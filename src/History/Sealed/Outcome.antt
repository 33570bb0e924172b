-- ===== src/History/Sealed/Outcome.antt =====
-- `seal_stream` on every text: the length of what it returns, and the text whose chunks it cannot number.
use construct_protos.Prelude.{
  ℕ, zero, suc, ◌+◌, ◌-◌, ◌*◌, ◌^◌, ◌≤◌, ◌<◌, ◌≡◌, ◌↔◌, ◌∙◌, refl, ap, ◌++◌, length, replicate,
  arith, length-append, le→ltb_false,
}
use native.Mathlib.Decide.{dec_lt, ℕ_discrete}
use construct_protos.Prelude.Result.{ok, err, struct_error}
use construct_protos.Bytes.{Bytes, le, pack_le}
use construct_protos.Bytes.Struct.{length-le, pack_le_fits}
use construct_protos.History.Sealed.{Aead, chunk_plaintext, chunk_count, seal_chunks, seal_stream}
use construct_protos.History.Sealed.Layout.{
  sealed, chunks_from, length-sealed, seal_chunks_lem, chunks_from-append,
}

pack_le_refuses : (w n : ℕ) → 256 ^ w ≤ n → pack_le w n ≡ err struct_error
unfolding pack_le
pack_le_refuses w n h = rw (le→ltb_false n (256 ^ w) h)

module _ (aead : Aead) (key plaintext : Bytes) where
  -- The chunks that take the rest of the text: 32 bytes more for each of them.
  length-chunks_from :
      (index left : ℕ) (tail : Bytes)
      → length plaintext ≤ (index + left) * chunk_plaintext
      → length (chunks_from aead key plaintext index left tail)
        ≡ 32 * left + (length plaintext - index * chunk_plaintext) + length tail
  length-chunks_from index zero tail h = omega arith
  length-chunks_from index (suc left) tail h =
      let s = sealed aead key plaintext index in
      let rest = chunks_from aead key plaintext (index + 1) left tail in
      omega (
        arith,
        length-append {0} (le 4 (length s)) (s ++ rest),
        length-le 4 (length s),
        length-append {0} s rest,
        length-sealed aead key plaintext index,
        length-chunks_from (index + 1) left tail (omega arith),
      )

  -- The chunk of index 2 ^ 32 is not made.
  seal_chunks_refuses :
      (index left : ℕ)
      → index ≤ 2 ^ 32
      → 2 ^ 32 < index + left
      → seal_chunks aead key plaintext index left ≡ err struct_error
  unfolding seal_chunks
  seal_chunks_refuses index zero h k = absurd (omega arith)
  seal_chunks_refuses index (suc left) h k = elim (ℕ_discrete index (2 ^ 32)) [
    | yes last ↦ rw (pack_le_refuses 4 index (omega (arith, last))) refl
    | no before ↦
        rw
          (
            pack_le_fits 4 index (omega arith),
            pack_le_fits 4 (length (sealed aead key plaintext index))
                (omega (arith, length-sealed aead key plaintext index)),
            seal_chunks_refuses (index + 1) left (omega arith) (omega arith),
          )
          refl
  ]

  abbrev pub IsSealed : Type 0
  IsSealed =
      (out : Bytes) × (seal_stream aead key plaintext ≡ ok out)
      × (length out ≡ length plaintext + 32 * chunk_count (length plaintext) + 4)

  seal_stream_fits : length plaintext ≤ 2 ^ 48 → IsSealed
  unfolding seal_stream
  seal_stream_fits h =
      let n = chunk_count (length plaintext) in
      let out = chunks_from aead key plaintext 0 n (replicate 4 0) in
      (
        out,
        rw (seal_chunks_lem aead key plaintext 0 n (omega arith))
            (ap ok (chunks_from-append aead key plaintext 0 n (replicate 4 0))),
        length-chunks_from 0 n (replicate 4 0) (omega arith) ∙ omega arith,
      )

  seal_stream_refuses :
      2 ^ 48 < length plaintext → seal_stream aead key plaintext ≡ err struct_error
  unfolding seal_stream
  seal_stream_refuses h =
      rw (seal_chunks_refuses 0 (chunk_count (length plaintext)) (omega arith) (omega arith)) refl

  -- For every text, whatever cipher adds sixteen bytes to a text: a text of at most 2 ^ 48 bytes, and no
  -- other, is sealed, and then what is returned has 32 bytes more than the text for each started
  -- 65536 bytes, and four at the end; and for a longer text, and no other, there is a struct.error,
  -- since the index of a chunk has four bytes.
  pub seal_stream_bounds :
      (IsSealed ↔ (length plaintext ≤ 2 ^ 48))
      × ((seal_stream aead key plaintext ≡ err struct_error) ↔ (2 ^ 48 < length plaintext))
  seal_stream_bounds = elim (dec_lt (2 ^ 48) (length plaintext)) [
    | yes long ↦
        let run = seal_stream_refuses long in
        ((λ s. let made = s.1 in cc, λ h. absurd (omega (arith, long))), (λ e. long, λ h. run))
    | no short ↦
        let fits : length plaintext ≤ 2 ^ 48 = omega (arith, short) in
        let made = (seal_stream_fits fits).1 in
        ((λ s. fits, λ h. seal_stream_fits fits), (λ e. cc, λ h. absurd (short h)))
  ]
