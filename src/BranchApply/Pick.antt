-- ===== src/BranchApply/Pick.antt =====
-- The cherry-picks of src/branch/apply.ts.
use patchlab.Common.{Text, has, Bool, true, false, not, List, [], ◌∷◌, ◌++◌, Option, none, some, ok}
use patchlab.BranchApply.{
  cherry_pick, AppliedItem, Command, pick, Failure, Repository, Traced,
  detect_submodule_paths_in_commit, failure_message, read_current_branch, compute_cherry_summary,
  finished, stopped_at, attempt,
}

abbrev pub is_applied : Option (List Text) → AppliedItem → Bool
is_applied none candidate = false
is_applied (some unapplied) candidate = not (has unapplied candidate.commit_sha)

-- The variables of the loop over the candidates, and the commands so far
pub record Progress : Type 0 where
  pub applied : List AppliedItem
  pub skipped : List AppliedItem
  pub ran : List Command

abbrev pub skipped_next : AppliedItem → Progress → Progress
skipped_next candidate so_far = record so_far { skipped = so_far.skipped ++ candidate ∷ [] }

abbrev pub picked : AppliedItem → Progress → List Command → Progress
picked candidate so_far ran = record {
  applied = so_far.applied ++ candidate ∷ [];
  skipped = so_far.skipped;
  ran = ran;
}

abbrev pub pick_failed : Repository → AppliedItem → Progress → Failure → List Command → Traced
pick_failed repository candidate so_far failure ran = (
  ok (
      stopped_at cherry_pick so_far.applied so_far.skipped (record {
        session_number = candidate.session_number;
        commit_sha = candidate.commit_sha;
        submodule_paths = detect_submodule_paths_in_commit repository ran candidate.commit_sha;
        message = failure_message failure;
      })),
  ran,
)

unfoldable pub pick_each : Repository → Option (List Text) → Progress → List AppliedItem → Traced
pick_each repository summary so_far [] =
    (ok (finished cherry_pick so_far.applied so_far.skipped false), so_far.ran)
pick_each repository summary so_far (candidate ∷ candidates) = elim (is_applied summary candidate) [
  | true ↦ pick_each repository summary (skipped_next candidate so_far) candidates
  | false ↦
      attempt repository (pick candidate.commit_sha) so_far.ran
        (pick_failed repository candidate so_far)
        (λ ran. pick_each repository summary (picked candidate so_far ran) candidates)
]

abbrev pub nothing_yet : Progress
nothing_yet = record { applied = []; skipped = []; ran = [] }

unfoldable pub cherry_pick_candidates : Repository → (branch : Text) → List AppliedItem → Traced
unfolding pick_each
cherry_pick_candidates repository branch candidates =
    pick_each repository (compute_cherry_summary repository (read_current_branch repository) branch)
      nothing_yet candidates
* * *
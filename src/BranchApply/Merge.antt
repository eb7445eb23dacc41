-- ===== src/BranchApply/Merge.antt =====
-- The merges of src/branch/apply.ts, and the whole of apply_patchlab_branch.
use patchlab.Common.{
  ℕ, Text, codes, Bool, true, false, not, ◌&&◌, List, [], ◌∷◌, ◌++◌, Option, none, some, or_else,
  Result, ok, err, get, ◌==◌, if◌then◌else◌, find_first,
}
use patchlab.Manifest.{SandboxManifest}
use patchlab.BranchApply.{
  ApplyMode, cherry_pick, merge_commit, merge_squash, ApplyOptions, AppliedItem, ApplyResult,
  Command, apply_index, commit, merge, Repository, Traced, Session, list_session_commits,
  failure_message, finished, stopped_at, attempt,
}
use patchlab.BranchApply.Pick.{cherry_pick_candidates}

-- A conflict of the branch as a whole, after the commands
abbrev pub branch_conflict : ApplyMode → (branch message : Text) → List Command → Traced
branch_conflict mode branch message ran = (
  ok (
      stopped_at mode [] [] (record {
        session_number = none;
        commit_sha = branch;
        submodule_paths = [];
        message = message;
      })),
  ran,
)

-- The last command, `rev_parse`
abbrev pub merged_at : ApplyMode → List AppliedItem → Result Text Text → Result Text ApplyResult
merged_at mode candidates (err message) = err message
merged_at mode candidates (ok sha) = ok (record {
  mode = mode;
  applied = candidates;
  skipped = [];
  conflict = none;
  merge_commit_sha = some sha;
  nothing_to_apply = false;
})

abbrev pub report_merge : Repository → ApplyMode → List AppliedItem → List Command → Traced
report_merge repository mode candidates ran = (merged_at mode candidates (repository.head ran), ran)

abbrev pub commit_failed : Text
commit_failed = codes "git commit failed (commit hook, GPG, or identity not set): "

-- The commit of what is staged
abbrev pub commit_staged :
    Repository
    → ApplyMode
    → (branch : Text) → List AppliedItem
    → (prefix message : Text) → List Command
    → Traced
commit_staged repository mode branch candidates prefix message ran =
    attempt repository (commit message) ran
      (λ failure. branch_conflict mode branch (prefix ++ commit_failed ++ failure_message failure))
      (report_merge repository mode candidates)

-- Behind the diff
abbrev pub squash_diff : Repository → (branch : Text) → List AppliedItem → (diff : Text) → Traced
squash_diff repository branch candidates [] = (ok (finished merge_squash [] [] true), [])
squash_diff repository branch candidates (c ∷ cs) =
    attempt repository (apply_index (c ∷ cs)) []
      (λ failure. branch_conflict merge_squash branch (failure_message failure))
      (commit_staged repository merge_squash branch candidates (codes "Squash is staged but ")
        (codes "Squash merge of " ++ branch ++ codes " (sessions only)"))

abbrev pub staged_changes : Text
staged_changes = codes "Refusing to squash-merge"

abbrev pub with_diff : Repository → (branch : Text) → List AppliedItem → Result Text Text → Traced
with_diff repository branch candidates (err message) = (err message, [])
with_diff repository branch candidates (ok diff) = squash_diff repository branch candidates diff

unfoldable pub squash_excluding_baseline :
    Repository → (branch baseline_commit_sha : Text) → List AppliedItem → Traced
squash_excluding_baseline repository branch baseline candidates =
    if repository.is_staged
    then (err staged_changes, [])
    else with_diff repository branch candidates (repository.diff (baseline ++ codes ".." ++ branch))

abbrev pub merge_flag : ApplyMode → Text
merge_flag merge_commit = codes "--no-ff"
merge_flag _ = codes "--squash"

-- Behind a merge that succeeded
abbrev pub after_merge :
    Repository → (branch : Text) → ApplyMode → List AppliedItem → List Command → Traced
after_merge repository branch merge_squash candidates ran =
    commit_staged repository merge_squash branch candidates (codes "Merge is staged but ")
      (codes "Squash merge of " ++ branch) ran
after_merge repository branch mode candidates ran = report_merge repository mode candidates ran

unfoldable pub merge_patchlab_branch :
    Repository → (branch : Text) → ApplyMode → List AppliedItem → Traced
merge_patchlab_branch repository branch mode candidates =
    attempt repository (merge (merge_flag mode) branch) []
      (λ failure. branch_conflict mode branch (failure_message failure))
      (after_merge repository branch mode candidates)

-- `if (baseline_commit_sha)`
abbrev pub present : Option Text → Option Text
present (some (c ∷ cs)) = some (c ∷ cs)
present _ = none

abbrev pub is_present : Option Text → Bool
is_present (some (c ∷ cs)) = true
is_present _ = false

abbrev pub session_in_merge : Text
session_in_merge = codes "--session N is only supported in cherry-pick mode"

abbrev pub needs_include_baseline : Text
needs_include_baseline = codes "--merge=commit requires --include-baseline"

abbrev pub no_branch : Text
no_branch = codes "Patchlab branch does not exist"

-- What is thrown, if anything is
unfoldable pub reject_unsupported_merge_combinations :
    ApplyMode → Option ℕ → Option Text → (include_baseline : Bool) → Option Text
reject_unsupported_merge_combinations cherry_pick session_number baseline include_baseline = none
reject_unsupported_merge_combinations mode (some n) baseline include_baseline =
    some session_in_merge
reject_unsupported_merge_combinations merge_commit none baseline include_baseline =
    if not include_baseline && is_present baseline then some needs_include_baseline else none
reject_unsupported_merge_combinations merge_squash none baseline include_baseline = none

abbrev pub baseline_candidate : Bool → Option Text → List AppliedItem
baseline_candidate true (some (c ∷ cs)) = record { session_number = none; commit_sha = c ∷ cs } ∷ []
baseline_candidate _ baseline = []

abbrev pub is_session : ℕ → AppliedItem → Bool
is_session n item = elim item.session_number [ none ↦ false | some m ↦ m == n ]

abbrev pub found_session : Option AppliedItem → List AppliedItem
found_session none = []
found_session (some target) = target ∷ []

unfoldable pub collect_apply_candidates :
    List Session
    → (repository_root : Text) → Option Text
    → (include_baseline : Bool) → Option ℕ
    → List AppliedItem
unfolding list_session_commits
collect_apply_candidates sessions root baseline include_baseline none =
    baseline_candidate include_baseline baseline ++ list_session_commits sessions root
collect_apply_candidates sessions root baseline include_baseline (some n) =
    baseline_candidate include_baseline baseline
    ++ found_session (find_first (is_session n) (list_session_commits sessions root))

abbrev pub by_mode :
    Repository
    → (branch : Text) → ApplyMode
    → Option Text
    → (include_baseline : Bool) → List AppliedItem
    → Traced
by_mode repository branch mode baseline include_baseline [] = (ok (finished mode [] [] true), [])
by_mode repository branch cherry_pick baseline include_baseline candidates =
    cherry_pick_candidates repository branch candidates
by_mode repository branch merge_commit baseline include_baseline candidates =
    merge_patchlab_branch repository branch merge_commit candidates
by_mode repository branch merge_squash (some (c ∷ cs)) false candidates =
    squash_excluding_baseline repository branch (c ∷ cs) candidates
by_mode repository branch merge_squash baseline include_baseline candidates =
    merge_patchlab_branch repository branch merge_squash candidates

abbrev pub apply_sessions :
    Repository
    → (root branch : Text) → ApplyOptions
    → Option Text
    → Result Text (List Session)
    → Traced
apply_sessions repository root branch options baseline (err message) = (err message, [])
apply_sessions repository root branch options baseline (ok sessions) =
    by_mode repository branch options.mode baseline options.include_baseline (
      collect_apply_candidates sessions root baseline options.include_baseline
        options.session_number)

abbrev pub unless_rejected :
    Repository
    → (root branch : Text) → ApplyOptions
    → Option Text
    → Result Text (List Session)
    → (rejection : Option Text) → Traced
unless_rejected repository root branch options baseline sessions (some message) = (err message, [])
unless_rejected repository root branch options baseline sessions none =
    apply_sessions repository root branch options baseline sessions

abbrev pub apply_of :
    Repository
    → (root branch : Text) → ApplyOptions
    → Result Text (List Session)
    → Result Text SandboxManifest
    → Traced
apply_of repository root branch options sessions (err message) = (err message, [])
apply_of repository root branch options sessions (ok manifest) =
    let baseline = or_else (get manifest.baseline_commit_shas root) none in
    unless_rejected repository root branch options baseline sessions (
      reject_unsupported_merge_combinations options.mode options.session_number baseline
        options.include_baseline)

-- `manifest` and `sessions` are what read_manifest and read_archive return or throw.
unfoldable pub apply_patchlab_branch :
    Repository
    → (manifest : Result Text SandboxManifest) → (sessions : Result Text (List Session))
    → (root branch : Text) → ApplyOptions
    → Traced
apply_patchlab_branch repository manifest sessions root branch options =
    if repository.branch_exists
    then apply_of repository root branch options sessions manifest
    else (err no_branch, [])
* * *
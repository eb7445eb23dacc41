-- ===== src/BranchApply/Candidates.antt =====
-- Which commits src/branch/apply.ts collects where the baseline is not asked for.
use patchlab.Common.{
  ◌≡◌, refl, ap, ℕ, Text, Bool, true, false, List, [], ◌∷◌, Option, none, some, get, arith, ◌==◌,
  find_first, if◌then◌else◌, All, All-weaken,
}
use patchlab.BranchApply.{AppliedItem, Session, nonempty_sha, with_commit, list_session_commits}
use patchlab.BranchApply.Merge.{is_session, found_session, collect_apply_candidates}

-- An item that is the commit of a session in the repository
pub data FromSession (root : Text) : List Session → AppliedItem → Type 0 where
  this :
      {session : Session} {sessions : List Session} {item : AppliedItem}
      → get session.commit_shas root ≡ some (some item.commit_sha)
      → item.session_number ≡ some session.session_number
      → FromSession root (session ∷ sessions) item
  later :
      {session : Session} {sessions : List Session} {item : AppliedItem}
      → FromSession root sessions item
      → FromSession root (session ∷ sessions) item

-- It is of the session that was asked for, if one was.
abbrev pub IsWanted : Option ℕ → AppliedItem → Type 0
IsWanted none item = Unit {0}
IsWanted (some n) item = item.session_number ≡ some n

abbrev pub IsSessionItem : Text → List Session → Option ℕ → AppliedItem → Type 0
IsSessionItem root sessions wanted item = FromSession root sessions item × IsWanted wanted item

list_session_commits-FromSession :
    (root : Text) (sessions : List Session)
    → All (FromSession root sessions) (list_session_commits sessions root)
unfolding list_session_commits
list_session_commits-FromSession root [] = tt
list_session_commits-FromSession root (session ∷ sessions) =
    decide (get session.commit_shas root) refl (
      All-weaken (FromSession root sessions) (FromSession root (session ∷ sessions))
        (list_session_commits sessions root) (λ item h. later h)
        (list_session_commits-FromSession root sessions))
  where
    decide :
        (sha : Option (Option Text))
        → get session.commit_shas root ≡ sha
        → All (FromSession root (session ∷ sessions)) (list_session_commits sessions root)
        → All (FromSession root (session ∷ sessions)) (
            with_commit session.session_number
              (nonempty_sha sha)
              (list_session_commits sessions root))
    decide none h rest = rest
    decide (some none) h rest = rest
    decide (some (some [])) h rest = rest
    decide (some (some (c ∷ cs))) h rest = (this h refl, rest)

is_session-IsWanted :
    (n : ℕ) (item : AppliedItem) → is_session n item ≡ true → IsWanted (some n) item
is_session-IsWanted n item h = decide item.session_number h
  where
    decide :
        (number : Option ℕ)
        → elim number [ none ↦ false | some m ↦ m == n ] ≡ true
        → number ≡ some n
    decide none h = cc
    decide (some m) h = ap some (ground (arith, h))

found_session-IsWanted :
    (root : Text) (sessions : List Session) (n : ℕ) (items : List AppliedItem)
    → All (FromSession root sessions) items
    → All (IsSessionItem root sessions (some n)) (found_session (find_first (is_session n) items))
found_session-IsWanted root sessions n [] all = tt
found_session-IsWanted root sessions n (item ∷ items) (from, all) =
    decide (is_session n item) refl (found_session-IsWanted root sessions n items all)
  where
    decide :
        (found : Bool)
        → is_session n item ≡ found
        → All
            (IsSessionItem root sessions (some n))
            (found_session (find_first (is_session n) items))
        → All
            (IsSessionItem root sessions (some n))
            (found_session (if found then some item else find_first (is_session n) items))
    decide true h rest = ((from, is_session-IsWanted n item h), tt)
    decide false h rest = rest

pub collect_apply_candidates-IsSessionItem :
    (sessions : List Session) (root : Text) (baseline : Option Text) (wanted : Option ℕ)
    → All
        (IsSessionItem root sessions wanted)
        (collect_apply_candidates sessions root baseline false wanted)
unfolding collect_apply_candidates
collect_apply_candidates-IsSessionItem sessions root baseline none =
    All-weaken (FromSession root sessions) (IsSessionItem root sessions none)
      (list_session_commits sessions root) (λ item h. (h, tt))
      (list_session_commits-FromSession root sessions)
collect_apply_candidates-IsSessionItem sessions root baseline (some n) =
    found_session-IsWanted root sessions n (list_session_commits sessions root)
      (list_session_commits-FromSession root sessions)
* * *
> [Your assignment] Every line above that carries the string "finished" should be copied.

> [Task output]
  finished, stopped_at, attempt,
    (ok (finished cherry_pick so_far.applied so_far.skipped false), so_far.ran)
  failure_message, finished, stopped_at, attempt,
squash_diff repository branch candidates [] = (ok (finished merge_squash [] [] true), [])
by_mode repository branch mode baseline include_baseline [] = (ok (finished mode [] [] true), [])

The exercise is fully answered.